== Task data ==

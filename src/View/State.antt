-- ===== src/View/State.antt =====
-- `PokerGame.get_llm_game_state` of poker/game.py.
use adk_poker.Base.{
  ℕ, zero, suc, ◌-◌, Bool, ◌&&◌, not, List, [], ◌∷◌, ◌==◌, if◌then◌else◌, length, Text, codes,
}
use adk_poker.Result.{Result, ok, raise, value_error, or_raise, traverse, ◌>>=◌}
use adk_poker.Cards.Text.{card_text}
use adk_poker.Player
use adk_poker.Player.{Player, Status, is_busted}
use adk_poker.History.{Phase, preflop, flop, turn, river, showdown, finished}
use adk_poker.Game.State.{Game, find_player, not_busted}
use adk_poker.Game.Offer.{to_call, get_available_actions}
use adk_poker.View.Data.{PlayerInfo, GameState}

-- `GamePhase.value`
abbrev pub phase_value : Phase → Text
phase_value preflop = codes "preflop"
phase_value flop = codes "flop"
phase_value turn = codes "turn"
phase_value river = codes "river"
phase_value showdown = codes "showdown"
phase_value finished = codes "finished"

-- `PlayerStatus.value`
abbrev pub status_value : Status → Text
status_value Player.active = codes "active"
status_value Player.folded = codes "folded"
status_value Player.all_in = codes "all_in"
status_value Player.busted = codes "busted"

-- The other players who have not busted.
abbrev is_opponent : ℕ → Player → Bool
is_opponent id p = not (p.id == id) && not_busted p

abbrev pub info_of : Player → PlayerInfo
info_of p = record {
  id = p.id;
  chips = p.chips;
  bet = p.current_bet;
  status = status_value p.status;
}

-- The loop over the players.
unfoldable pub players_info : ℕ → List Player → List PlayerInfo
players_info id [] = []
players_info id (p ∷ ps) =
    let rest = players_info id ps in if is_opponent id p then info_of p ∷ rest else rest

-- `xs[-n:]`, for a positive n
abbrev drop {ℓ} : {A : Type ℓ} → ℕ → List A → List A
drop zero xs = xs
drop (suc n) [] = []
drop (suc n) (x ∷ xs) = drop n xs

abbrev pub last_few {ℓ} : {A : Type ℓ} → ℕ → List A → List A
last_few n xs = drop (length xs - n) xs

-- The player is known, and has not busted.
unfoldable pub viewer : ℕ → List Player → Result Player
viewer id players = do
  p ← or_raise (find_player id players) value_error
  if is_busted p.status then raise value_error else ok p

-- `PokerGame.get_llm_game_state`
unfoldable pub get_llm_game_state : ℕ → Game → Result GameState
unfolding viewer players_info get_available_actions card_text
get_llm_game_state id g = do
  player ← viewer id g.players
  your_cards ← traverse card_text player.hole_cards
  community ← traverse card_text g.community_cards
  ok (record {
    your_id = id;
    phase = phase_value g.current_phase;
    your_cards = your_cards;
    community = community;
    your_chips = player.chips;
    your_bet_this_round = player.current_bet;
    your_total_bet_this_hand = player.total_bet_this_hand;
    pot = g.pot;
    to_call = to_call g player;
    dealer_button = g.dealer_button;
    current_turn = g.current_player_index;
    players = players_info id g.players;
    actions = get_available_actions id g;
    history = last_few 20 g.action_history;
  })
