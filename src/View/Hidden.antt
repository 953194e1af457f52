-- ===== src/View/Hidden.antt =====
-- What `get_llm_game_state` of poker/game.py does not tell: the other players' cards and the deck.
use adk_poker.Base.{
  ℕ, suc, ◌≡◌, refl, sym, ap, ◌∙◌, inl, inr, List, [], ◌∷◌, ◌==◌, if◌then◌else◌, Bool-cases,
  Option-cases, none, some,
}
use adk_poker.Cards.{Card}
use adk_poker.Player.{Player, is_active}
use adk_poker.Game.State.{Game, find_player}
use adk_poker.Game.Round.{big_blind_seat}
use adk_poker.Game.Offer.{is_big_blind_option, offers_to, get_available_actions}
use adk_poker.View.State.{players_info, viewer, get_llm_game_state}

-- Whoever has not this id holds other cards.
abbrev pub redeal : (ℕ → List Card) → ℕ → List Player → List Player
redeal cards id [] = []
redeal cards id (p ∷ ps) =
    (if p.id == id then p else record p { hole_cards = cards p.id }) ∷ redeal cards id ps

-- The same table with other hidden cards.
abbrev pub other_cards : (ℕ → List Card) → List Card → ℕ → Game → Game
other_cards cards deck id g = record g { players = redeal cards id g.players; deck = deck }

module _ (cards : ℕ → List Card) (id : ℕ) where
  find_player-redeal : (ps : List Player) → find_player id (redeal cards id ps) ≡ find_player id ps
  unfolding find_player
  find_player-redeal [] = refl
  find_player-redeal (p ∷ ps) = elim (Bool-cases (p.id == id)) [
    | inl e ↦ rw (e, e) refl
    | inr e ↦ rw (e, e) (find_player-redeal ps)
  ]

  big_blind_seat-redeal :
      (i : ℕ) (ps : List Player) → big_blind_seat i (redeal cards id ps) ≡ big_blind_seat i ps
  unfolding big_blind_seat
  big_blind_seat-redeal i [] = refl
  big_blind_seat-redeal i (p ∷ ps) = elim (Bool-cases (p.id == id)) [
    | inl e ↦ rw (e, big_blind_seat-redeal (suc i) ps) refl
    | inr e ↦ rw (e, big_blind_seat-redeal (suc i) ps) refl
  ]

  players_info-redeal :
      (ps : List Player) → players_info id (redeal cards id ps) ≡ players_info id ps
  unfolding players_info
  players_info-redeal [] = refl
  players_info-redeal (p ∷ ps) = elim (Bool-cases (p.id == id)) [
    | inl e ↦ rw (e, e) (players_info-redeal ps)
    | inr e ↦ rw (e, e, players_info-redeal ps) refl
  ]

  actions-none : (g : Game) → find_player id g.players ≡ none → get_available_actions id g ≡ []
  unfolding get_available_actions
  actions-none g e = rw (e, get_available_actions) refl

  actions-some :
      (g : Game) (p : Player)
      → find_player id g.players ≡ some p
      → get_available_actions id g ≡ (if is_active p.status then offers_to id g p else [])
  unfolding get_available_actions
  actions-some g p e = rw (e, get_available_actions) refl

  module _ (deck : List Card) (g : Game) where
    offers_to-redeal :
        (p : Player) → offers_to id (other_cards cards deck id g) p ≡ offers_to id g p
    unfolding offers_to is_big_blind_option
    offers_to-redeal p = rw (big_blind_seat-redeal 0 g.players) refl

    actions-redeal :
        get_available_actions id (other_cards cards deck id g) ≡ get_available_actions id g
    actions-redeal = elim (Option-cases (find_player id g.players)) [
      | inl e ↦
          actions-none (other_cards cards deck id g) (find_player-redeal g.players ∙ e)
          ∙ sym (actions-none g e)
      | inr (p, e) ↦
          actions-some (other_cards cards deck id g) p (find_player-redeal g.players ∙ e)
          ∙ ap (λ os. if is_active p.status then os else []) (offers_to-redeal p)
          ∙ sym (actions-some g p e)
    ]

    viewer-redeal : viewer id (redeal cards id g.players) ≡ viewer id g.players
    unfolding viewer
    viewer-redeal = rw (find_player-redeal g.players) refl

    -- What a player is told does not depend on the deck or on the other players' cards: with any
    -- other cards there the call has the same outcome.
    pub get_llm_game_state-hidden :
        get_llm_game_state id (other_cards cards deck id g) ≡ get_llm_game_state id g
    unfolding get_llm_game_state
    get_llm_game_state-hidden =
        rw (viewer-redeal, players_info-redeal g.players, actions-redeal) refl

===

Count how many lines above carry the word "GameState". Only the number is required.

Answer
2